*THE DATA*.
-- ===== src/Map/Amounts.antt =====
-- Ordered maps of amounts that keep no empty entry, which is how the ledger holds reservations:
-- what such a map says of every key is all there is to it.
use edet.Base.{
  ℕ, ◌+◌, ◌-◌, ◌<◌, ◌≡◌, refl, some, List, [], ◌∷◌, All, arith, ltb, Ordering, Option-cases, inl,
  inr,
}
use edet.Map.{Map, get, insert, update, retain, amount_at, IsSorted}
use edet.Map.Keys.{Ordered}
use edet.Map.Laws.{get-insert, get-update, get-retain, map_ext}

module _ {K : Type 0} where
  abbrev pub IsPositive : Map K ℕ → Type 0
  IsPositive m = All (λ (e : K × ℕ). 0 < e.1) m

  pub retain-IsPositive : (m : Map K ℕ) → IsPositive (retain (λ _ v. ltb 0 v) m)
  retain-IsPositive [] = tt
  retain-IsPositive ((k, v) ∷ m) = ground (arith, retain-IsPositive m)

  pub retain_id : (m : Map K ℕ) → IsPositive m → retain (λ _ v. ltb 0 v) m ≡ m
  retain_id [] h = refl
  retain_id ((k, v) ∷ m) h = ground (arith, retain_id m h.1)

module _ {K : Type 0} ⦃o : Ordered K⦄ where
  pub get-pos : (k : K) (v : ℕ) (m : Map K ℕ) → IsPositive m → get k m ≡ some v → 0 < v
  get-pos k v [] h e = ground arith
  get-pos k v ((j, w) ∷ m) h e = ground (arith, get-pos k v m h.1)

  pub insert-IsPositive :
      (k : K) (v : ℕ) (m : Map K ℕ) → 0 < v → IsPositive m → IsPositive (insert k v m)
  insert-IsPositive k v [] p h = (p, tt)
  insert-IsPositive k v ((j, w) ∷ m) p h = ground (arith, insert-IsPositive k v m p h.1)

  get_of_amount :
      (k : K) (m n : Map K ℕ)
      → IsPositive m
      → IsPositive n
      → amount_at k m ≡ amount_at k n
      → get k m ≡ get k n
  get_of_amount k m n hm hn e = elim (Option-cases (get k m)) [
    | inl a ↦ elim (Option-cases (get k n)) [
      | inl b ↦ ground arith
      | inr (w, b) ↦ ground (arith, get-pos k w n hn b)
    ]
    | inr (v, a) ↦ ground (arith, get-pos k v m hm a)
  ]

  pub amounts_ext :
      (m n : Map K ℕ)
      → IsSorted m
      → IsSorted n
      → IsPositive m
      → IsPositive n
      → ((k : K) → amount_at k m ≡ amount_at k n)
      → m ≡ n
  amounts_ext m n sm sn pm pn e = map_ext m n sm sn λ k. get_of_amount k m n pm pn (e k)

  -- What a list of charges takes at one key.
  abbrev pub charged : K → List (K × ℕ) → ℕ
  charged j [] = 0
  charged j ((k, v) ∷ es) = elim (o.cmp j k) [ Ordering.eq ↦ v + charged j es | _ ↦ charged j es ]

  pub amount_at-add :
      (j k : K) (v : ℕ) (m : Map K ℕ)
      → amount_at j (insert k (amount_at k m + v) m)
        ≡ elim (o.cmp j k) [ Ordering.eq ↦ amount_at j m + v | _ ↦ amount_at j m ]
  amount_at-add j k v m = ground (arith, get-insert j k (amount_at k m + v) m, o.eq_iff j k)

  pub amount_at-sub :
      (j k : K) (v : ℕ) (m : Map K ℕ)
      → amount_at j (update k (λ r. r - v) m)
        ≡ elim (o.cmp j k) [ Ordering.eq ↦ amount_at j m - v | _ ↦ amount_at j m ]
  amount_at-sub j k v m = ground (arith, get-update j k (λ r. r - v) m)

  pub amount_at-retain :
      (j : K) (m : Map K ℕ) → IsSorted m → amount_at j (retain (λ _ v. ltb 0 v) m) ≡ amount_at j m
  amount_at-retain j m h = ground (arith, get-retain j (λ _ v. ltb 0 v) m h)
---
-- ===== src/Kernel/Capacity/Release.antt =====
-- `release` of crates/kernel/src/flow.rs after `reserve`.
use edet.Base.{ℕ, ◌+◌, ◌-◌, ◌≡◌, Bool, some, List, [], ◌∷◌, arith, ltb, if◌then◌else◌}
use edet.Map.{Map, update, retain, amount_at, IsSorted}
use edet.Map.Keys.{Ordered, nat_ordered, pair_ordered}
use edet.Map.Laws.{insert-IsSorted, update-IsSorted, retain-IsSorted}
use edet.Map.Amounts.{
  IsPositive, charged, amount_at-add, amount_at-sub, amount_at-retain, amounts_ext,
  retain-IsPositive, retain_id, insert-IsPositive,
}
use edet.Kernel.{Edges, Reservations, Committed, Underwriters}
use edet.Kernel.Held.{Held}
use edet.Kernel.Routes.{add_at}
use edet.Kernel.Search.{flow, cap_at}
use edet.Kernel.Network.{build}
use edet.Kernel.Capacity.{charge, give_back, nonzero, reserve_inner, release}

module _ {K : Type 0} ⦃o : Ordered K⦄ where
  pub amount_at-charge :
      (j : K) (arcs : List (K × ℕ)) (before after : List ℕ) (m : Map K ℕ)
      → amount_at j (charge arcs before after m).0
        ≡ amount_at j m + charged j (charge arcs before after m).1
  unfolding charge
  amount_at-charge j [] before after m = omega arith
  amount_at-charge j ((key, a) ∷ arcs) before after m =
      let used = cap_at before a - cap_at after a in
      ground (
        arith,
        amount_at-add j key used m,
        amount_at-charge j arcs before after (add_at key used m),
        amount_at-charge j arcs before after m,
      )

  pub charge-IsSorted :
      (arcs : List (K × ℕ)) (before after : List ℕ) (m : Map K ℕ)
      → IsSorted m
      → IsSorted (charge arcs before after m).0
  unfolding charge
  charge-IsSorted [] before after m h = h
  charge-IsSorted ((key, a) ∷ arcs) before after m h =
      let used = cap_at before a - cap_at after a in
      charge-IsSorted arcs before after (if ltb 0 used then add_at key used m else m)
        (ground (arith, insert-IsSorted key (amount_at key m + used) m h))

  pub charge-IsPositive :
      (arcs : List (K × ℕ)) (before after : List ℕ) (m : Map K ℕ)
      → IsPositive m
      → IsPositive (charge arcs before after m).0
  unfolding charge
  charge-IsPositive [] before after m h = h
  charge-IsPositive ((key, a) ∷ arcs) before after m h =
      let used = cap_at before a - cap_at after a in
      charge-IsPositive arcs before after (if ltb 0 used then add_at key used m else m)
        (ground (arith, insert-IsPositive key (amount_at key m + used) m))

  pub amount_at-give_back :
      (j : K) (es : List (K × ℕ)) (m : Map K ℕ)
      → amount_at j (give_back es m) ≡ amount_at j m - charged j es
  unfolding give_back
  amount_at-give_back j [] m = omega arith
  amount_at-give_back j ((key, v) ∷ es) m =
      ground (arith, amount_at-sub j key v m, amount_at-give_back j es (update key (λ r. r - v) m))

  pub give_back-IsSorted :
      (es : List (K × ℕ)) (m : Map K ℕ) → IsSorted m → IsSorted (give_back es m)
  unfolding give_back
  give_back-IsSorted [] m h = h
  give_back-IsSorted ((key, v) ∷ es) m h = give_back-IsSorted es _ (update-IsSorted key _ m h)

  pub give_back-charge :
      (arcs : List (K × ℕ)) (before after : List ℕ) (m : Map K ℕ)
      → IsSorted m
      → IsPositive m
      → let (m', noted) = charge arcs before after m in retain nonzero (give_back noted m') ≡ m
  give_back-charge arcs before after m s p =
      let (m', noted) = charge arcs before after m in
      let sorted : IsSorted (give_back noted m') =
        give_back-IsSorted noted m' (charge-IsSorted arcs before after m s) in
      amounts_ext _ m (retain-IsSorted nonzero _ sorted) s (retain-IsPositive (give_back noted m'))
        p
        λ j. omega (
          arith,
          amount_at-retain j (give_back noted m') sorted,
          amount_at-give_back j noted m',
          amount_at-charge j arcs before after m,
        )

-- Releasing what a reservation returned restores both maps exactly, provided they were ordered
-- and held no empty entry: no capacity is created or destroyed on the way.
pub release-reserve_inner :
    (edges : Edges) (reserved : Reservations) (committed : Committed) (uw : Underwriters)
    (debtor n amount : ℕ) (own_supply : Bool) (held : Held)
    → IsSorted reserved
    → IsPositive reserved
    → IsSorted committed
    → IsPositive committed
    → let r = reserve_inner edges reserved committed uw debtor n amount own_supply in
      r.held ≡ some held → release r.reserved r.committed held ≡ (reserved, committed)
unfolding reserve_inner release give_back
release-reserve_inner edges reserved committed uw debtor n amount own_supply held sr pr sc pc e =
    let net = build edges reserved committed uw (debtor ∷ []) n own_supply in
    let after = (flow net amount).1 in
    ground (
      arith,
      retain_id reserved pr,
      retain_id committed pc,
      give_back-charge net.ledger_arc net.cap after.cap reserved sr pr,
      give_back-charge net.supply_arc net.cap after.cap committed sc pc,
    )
* * *
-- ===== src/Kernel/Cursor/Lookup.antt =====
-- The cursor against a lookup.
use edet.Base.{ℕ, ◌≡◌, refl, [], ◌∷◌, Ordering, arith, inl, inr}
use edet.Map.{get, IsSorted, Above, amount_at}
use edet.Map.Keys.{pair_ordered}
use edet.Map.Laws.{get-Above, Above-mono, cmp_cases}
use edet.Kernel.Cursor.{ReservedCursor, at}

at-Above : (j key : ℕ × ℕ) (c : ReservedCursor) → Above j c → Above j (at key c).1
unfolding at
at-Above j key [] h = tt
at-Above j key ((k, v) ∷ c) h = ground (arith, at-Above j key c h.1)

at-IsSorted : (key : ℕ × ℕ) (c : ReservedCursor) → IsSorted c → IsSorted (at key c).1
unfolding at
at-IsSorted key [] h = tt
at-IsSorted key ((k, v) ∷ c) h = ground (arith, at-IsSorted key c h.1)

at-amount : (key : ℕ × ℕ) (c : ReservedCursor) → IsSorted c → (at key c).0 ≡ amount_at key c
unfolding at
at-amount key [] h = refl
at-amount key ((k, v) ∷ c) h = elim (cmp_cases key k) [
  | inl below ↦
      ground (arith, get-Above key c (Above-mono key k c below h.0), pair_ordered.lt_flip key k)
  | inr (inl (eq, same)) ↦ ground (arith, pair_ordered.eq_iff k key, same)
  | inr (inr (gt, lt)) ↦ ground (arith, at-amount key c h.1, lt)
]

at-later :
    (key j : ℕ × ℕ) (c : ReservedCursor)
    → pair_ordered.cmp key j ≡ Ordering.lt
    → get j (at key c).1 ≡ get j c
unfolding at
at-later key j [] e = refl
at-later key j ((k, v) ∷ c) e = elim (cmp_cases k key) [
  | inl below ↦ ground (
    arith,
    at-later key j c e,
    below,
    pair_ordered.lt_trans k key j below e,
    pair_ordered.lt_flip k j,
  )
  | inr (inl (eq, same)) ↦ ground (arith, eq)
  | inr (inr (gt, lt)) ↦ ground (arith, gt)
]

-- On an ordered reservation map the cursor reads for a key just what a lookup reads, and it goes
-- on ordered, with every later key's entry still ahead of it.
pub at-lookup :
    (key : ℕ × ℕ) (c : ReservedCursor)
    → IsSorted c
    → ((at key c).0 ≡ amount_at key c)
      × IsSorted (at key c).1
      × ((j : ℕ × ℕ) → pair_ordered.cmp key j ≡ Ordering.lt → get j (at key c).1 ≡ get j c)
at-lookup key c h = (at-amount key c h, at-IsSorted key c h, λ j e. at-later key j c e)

*DESCRIPTION OF THE TASK*. In the entries above, the lines between the one holding "at-amount key [] h = refl" and the one holding "at-lookup key c", inclusive, are to be printed exactly as written, and those alone.

*EXERCISE RESPONSE*.
at-amount key [] h = refl
at-amount key ((k, v) ∷ c) h = elim (cmp_cases key k) [
  | inl below ↦
      ground (arith, get-Above key c (Above-mono key k c below h.0), pair_ordered.lt_flip key k)
  | inr (inl (eq, same)) ↦ ground (arith, pair_ordered.eq_iff k key, same)
  | inr (inr (gt, lt)) ↦ ground (arith, at-amount key c h.1, lt)
]

at-later :
    (key j : ℕ × ℕ) (c : ReservedCursor)
    → pair_ordered.cmp key j ≡ Ordering.lt
    → get j (at key c).1 ≡ get j c
unfolding at
at-later key j [] e = refl
at-later key j ((k, v) ∷ c) e = elim (cmp_cases k key) [
  | inl below ↦ ground (
    arith,
    at-later key j c e,
    below,
    pair_ordered.lt_trans k key j below e,
    pair_ordered.lt_flip k j,
  )
  | inr (inl (eq, same)) ↦ ground (arith, eq)
  | inr (inr (gt, lt)) ↦ ground (arith, gt)
]

-- On an ordered reservation map the cursor reads for a key just what a lookup reads, and it goes
-- on ordered, with every later key's entry still ahead of it.
pub at-lookup :
    (key : ℕ × ℕ) (c : ReservedCursor)
    → IsSorted c
    → ((at key c).0 ≡ amount_at key c)
      × IsSorted (at key c).1
      × ((j : ℕ × ℕ) → pair_ordered.cmp key j ≡ Ordering.lt → get j (at key c).1 ≡ get j c)
at-lookup key c h = (at-amount key c h, at-IsSorted key c h, λ j e. at-later key j c e)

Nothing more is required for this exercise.